> [Aim of the task]:
Only these lines of the data below are wanted: the one with "unfoldable pub count_online", the one with "has_traffic t = not", and any lines between them, each repeated exactly.

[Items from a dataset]
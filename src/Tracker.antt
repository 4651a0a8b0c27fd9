-- ===== src/Tracker.antt =====
-- internal/tracker/tracker.go: per-user traffic deltas from the kernel's cumulative counters, and the
-- alive IPs. Each method that takes the mutex is one step; the snapshot is published and read whole.
-- Counters are int64, so sums and differences are wrapped. SHA-256 is the parameter `digest`.
pub mod Lookups
pub mod Charges
pub mod Totals
pub mod Ledger
pub mod Devices
mod Tests
use xboard_node_win.Common.{
  ℕ, zero, suc, ◌+◌, ◌-◌, ◌/◌, ◌%◌, ◌^◌, ℤ, pos, negsuc, ◌+ℤ◌, ◌-ℤ◌, wrap, Text, text_ltb, sort,
  Dict, lookup, insert, copy_into, is_some, is_empty, from_option, ltb_ℤ, if◌then◌else◌, int_key,
  text_key, ◌==ₖ◌, beq_text, List, [], ◌∷◌, ◌++◌, map, Option, none, some, not, Bool, true, false,
  ◌≡◌, ◌&&◌, ◌||◌, length,
}

abbrev pub Traffic : Type 0
Traffic = Dict ℤ (ℤ × ℤ)

abbrev pub AliveIps : Type 0
AliveIps = Dict ℤ (Dict Text Bool)

-- `snapshot`
pub record Snapshot : Type 0 where
  pub traffic : Traffic
  pub alive_ips : AliveIps
  pub online : Dict ℤ ℕ
  pub conn_count : ℤ
  pub in_speed : ℤ
  pub out_speed : ℤ

pub record Tracker : Type 0 where
  pub last_seen : Traffic
  pub pending_traffic : Traffic
  pub live : Snapshot
  pub alive_ips_buf : Dict ℤ (List Text)
  pub last_alive_ips_hash : Text

-- `New`
abbrev pub new : Tracker
new = record {
  last_seen = [];
  pending_traffic = [];
  live = record {
    traffic = [];
    alive_ips = [];
    online = [];
    conn_count = pos 0;
    in_speed = pos 0;
    out_speed = pos 0;
  };
  alive_ips_buf = [];
  last_alive_ips_hash = [];
}

-- `m[uid]`, the zero value if it is missing.
abbrev pub traffic_of : ℤ → Traffic → ℤ × ℤ
traffic_of uid m = from_option (pos 0, pos 0) (lookup uid m)

-- The delta of one counter, with the guard against a counter reset.
unfoldable pub delta : ℤ → ℤ → ℤ
delta cum prev = let d = wrap (cum -ℤ prev) in if ltb_ℤ d (pos 0) then cum else d

-- `cur[0] += up; cur[1] += down`
abbrev pub add_traffic : ℤ × ℤ → ℤ × ℤ → ℤ × ℤ
add_traffic cur d = (wrap (cur.0 +ℤ d.0), wrap (cur.1 +ℤ d.1))

-- The variables of the loop of `Process`.
pub record Cycle : Type 0 where
  pub last_seen : Traffic
  pub pending : Traffic
  pub cycle_in : ℤ
  pub cycle_out : ℤ

-- `deltaUp > 0 || deltaDown > 0`
abbrev pub is_active : ℤ × ℤ → Bool
is_active d = ltb_ℤ (pos 0) d.0 || ltb_ℤ (pos 0) d.1

abbrev pub deltas : ℤ × ℤ → ℤ × ℤ → ℤ × ℤ
deltas cum prev = (delta cum.0 prev.0, delta cum.1 prev.1)

-- The body of the loop of `Process`.
unfoldable pub process_user : ℤ → ℤ × ℤ → Cycle → Cycle
process_user uid cum c =
    let d = deltas cum (traffic_of uid c.last_seen) in
    let seen = insert uid cum c.last_seen in
    if is_active d
    then record {
      last_seen = seen;
      pending = insert uid (add_traffic (traffic_of uid c.pending) d) c.pending;
      cycle_in = wrap (c.cycle_in +ℤ d.1);
      cycle_out = wrap (c.cycle_out +ℤ d.0);
    }
    else record c { last_seen = seen }

unfoldable pub process_users : Traffic → Cycle → Cycle
process_users [] c = c
process_users ((uid, cum) ∷ us) c = process_users us (process_user uid cum c)

-- The loop that fills `online`.
unfoldable pub count_online : Dict ℤ ℕ → AliveIps → Dict ℤ ℕ
count_online online [] = online
count_online online ((uid, ips) ∷ us) = count_online (insert uid (length ips) online) us

-- `copyTrafficMap`
abbrev pub copy_traffic_map : Traffic → Traffic
copy_traffic_map src = copy_into [] src

-- `Process`
unfoldable pub process : Tracker → Traffic → AliveIps → ℤ → Tracker
process t cum_traffic kernel_alive_ips conn_count =
    let c = process_users cum_traffic (record {
      last_seen = t.last_seen;
      pending = t.pending_traffic;
      cycle_in = pos 0;
      cycle_out = pos 0;
    }) in
    record t {
      last_seen = c.last_seen;
      pending_traffic = c.pending;
      live = record {
        traffic = copy_traffic_map c.pending;
        alive_ips = kernel_alive_ips;
        online = count_online [] kernel_alive_ips;
        conn_count = conn_count;
        in_speed = c.cycle_in;
        out_speed = c.cycle_out;
      };
    }

-- `FlushTraffic`
unfoldable pub flush_traffic : Tracker → Traffic × Tracker
flush_traffic t = (t.pending_traffic, record t { pending_traffic = [] })

-- The loop of `RestoreTraffic`.
unfoldable pub restore_all : Traffic → Traffic → Traffic
restore_all [] pending = pending
restore_all ((uid, d) ∷ ds) pending =
    restore_all ds (insert uid (add_traffic (traffic_of uid pending) d) pending)

-- `RestoreTraffic`
unfoldable pub restore_traffic : Traffic → Tracker → Tracker
restore_traffic ds t = record t { pending_traffic = restore_all ds t.pending_traffic }

-- `HasTraffic`
pub has_traffic : Tracker → Bool
has_traffic t = not (is_empty t.pending_traffic)

abbrev pub keys {ℓ κ} : {K : Type ℓ} {V : Type κ} → Dict K V → List K
keys = map λ e. e.0

-- `byte(uid >> 24), byte(uid >> 16), byte(uid >> 8), byte(uid)` of the two's complement.
unfoldable pub uid_bytes : ℤ → Text
uid_bytes uid =
    let w : ℕ = elim uid [ pos n ↦ n % 2 ^ 64 | negsuc n ↦ 2 ^ 64 - 1 - n % 2 ^ 64 ] in
    (w / 2 ^ 24 % 256) ∷ (w / 2 ^ 16 % 256) ∷ (w / 2 ^ 8 % 256) ∷ (w % 256) ∷ []

unfoldable pub concat_all : List Text → Text
concat_all [] = []
concat_all (s ∷ ss) = s ++ concat_all ss

-- What `calcAliveIPsHash` writes into the hash, for the sorted ids.
unfoldable pub hash_input : AliveIps → List ℤ → Text
hash_input alive [] = []
hash_input alive (uid ∷ uids) =
    uid_bytes uid
    ++ (concat_all (sort text_ltb (keys (from_option [] (lookup uid alive))))
        ++ hash_input alive uids)

-- The loop that fills the buffer from the snapshot; the buffer has just been cleared.
unfoldable pub fill_alive_ips : AliveIps → Dict ℤ (List Text) → Dict ℤ (List Text)
fill_alive_ips [] buf = buf
fill_alive_ips ((uid, ips) ∷ us) buf = fill_alive_ips us (insert uid (keys ips) buf)

-- The inner loop of `RestoreAliveIPs`, which appends what is not there yet.
unfoldable pub append_missing : List Text → List Text → Dict Text (Unit {0}) → List Text
append_missing [] ips exist = ips
append_missing (ip ∷ more) ips exist =
    let next = append_missing more (ips ++ ip ∷ []) (insert ip tt exist) in
    let rest = append_missing more ips exist in if is_some (lookup ip exist) then rest else next

unfoldable pub exist_map : List Text → Dict Text (Unit {0}) → Dict Text (Unit {0})
exist_map [] m = m
exist_map (ip ∷ ips) m = exist_map ips (insert ip tt m)

unfoldable pub restore_ips : Dict ℤ (List Text) → Dict ℤ (List Text) → Dict ℤ (List Text)
restore_ips [] buf = buf
restore_ips ((uid, more) ∷ ds) buf =
    let ips = from_option [] (lookup uid buf) in
    restore_ips ds (insert uid (append_missing more ips (exist_map ips [])) buf)

-- `RestoreAliveIPs`
unfoldable pub restore_alive_ips : Dict ℤ (List Text) → Tracker → Tracker
restore_alive_ips ds t = record t { alive_ips_buf = restore_ips ds t.alive_ips_buf }

module _ (digest : Text → Text) where
  -- `calcAliveIPsHash`
  unfoldable pub calc_alive_ips_hash : AliveIps → Text
  calc_alive_ips_hash [] = []
  calc_alive_ips_hash (e ∷ alive) = digest (hash_input (e ∷ alive) (sort ltb_ℤ (keys (e ∷ alive))))

  -- `FlushAliveIPs`; `none` is the result nil.
  unfoldable pub flush_alive_ips : Tracker → Option (Dict ℤ (List Text)) × Tracker
  flush_alive_ips t =
      let current = calc_alive_ips_hash t.live.alive_ips in
      let buf = fill_alive_ips t.live.alive_ips [] in
      if current ==ₖ t.last_alive_ips_hash
      then (none, t)
      else (some buf, record t { last_alive_ips_hash = current; alive_ips_buf = buf })

-- `CurrentOnline`
unfoldable pub current_online : Tracker → Dict ℤ ℕ
current_online t = t.live.online

-- `ActiveConnections`
pub active_connections : Tracker → ℤ
active_connections t = t.live.conn_count

abbrev div_ten : ℤ → ℤ
div_ten (pos n) = pos (n / 10)
div_ten (negsuc n) = if ltb_ℤ (pos n) (pos 9) then pos 0 else negsuc ((n + 1) / 10 - 1)

-- `InboundSpeed`
pub inbound_speed : Tracker → ℤ
inbound_speed t = div_ten t.live.in_speed

-- `OutboundSpeed`
pub outbound_speed : Tracker → ℤ
outbound_speed t = div_ten t.live.out_speed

> [Solution for this task]:
unfoldable pub count_online : Dict ℤ ℕ → AliveIps → Dict ℤ ℕ
count_online online [] = online
count_online online ((uid, ips) ∷ us) = count_online (insert uid (length ips) online) us

-- `copyTrafficMap`
abbrev pub copy_traffic_map : Traffic → Traffic
copy_traffic_map src = copy_into [] src

-- `Process`
unfoldable pub process : Tracker → Traffic → AliveIps → ℤ → Tracker
process t cum_traffic kernel_alive_ips conn_count =
    let c = process_users cum_traffic (record {
      last_seen = t.last_seen;
      pending = t.pending_traffic;
      cycle_in = pos 0;
      cycle_out = pos 0;
    }) in
    record t {
      last_seen = c.last_seen;
      pending_traffic = c.pending;
      live = record {
        traffic = copy_traffic_map c.pending;
        alive_ips = kernel_alive_ips;
        online = count_online [] kernel_alive_ips;
        conn_count = conn_count;
        in_speed = c.cycle_in;
        out_speed = c.cycle_out;
      };
    }

-- `FlushTraffic`
unfoldable pub flush_traffic : Tracker → Traffic × Tracker
flush_traffic t = (t.pending_traffic, record t { pending_traffic = [] })

-- The loop of `RestoreTraffic`.
unfoldable pub restore_all : Traffic → Traffic → Traffic
restore_all [] pending = pending
restore_all ((uid, d) ∷ ds) pending =
    restore_all ds (insert uid (add_traffic (traffic_of uid pending) d) pending)

-- `RestoreTraffic`
unfoldable pub restore_traffic : Traffic → Tracker → Tracker
restore_traffic ds t = record t { pending_traffic = restore_all ds t.pending_traffic }

-- `HasTraffic`
pub has_traffic : Tracker → Bool
has_traffic t = not (is_empty t.pending_traffic)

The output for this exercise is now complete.